# Precor Elliptical



## Doublebase (Jan 11, 2008)

Precor 5.21 I EFX.  My gf has been begging for one these for a while now.  Anyone here own a Precor elliptical?  I don't buy cheap shit so thats why I'm going with Precor.  How is the warranty service?


----------



## Doublebase (Jan 17, 2008)

They paid 3200$ in January of 2007.  They want to sell it to me for 1500$.  I checked Craigslist and most are going for 2k and they are 4 or 5 years old.  Its  a good deal but still a lot of money.  Should I spend the dough and get it or just get a brand new 600$ one from sears or w/e.  Thoughts please.

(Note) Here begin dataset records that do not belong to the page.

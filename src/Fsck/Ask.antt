-- ===== src/Fsck/Ask.antt =====
-- src/fsck.cpm.c: the questions, and what an answer does to an entry and to `ret`. The answers are the
-- first characters of the lines that `fgets` reads; `none` is `exit(1)` at the end of the input.
use cpmtools.Base.{
  ℕ, Bool, true, false, ◌||◌, List, [], ◌∷◌, Option, none, some, ◌==◌, if◌then◌else◌,
}
use cpmtools.Entry.{Entry}
use cpmtools.Dir.{unused}
use cpmtools.Name.{to_upper}

-- What phase 1 works on: the entry at hand, the lines still to be read, and the bits of `ret`.
pub record Case : Type 0 where
  pub entry : Entry
  pub input : List ℕ
  pub modified : Bool
  pub broken : Bool

-- the loop of `ask`, which goes on until a line is an answer
unfoldable pub answer : List ℕ → Option (Bool × List ℕ)
answer [] = none
answer (c ∷ cs) =
    let again = answer cs in
    if c == 10 || to_upper c == b'Y'
    then some (true, cs)
    else if to_upper c == b'N'
    then some (false, cs)
    else again

-- `ask`
unfoldable pub ask : Bool → List ℕ → Option (Bool × List ℕ)
unfolding answer to_upper
ask norepair input = if norepair then some (false, input) else answer input

-- `if (ask(…)) { …; ret |= MODIFIED; } else { ret |= BROKEN; }`
unfoldable pub act : (Entry → Entry) → Case → Bool → List ℕ → Case
act repair c true rest = record c { entry = repair c.entry; input = rest; modified = true }
act repair c false rest = record c { input = rest; broken = true }

-- A loop over tests, true where something is bad: a repair ends the loop. A single test is a loop
-- of one round.
unfoldable pub repair_each : Bool → (Entry → Entry) → List Bool → Case → Option Case
repair_each norepair repair [] c = some c
repair_each norepair repair (false ∷ tests) c = repair_each norepair repair tests c
repair_each norepair repair (true ∷ tests) c = elim (ask norepair c.input) [
  | none ↦ none
  | some (reply, rest) ↦
      let next = repair_each norepair repair tests (act repair c reply rest) in
      if reply then some (act repair c reply rest) else next
]

-- `if (*status == 0xe5) continue;` between two checks
infixl 5 ◌>>=◌
abbrev pub ◌>>=◌ : Option Case → (Case → Option Case) → Option Case
none >>= check = none
some c >>= check = if c.entry.status == unused then some c else check c

-- one step after another, with no such test
infixl 5 ◌and_then◌
abbrev pub ◌and_then◌ : Option Case → (Case → Option Case) → Option Case
none and_then step = none
some c and_then step = step c

-- `*status = 0xE5`
abbrev pub remove : Entry → Entry
remove e = record e { status = unused }
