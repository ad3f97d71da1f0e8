-- ===== src/Fsck/Fields.antt =====
-- src/fsck.cpm.c, phase 1: the checks of a directory entry of a file. A failed assertion is `none`.
use cpmtools.Base.{
  ℕ, zero, suc, ◌+◌, ◌-◌, ◌*◌, ◌/◌, ◌%◌, Bool, true, false, not, ◌&&◌, ◌||◌, List, [], ◌∷◌, map,
  Option, none, ◌==◌, ltb, leb, if◌then◌else◌, get_or,
}
use cpmtools.Entry.{Entry, is_file_char}
use cpmtools.Super.{Drive}
use cpmtools.Alv.{pointer_blocks}
use cpmtools.Fsck.Ask.{Case, repair_each, ◌>>=◌, remove}

abbrev pub is_lower_case : ℕ → Bool
is_lower_case c = leb b'a' c && leb c b'z'

unfoldable pub is_bad_char : Bool → ℕ → Bool
is_bad_char not_first c = not (is_file_char not_first (c % 128)) || is_lower_case (c % 128)

-- the tests of the loop over the name, or over the extension, where no character is the first
unfoldable pub bad_chars : Bool → List ℕ → List Bool
bad_chars not_first [] = []
bad_chars not_first (c ∷ cs) = is_bad_char not_first c ∷ bad_chars true cs

unfoldable pub check_name : Bool → Case → Option Case
unfolding repair_each bad_chars
check_name norepair c = repair_each norepair remove (bad_chars false c.entry.name) c

unfoldable pub check_ext : Bool → Case → Option Case
unfolding repair_each bad_chars
check_ext norepair c = repair_each norepair remove (bad_chars true c.entry.ext) c

unfoldable pub check_extnol : Bool → Case → Option Case
unfolding repair_each
check_extnol norepair c = repair_each norepair remove (ltb 0x1f c.entry.extnol ∷ []) c

unfoldable pub check_extnoh : Bool → Case → Option Case
unfolding repair_each
check_extnoh norepair c = repair_each norepair remove (ltb 0x3f c.entry.extnoh ∷ []) c

abbrev pub clear_lrc : Entry → Entry
clear_lrc e = record e { lrc = 0 }

unfoldable pub check_lrc : Bool → Case → Option Case
unfolding repair_each
check_lrc norepair c = repair_each norepair clear_lrc (ltb 128 c.entry.lrc ∷ []) c

abbrev pub is_bad_block : Drive → ℕ → Bool
is_bad_block d b = ltb 0 b && (ltb b d.dirblks || leb d.size b)

-- `sb->size > 256`
abbrev pub wide : Drive → Bool
wide d = ltb 256 d.size

unfoldable pub check_blocks : Bool → Drive → Case → Option Case
unfolding repair_each pointer_blocks
check_blocks norepair d c =
    repair_each norepair remove (map (is_bad_block d) (pointer_blocks (wide d) c.entry.pointers)) c

-- The loop that counts the used pointers from `i` up to `max`, with as many rounds as fuel. Behind the
-- array a byte counts as 0; the code reads there where pointers of two bytes begin at an odd index, which
-- the power of two up to 8 that a CP/M format has for extents rules out.
unfoldable pub count_used : ℕ → Bool → ℕ → ℕ → List ℕ → ℕ
count_used zero pairs i max pointers = 0
count_used (suc rounds) pairs i max pointers =
    let rest = count_used rounds pairs (if pairs then i + 2 else i + 1) max pointers in
    if not (ltb i max)
    then 0
    else if not (get_or pointers i 0 == 0) || (pairs && not (get_or pointers (i + 1) 0 == 0))
    then suc rest
    else rest

-- `min` and `max`, the part of the pointers that belongs to the entry's last logical extent
abbrev pub records_min : Drive → Entry → ℕ
records_min d e = e.extnol % d.extents * 16 / d.extents

abbrev pub records_max : Drive → Entry → ℕ
records_max d e = (e.extnol % d.extents + 1) * 16 / d.extents

-- `recordsInBlocks != used`
unfoldable pub is_bad_count : Drive → Entry → Bool
unfolding count_used
is_bad_count d e =
    let used = count_used 16 (wide d) (records_min d e) (records_max d e) e.pointers in
    not ((e.blkcnt * 128 + d.blksiz - 1) / d.blksiz == used)

unfoldable pub check_records : Bool → Drive → Case → Option Case
unfolding repair_each
check_records norepair d c =
    if ltb (records_min d c.entry) (records_max d c.entry)
    then repair_each norepair remove (is_bad_count d c.entry ∷ []) c
    else none

-- the checks of a directory entry of a file
unfoldable pub check_file : Bool → Drive → Case → Option Case
unfolding check_name check_ext check_extnol check_extnoh check_lrc check_blocks check_records
check_file norepair d c =
    check_name norepair c
    >>= check_ext norepair
    >>= check_extnol norepair
    >>= check_extnoh norepair
    >>= check_lrc norepair
    >>= check_blocks norepair d
    >>= check_records norepair d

BTW I know the people personally who are selling it.


----------



## lucifuge (Jan 17, 2008)

My wife wanted an elliptical like her life depended on it, so I went and got one from Sears, I think I paid about $500 or so... don't remember, anyway...
This is just me talking, and I admit I'm no expert on ellipticals, but it's a pretty good machine. It has an adjustable stride, heart rate monitor, various resistance programs... pretty much all the bells and whistles. If you really want the Precor, then it sounds like a good deal. Personally, I'd save a few bucks.


----------



## Doublebase (Jan 17, 2008)

lucifuge said:


> My wife wanted an elliptical like her life depended on it, so I went and got one from Sears, I think I paid about $500 or so... don't remember, anyway...
> This is just me talking, and I admit I'm no expert on ellipticals, but it's a pretty good machine. It has an adjustable stride, heart rate monitor, various resistance programs... pretty much all the bells and whistles. If you really want the Precor, then it sounds like a good deal. Personally, I'd save a few bucks.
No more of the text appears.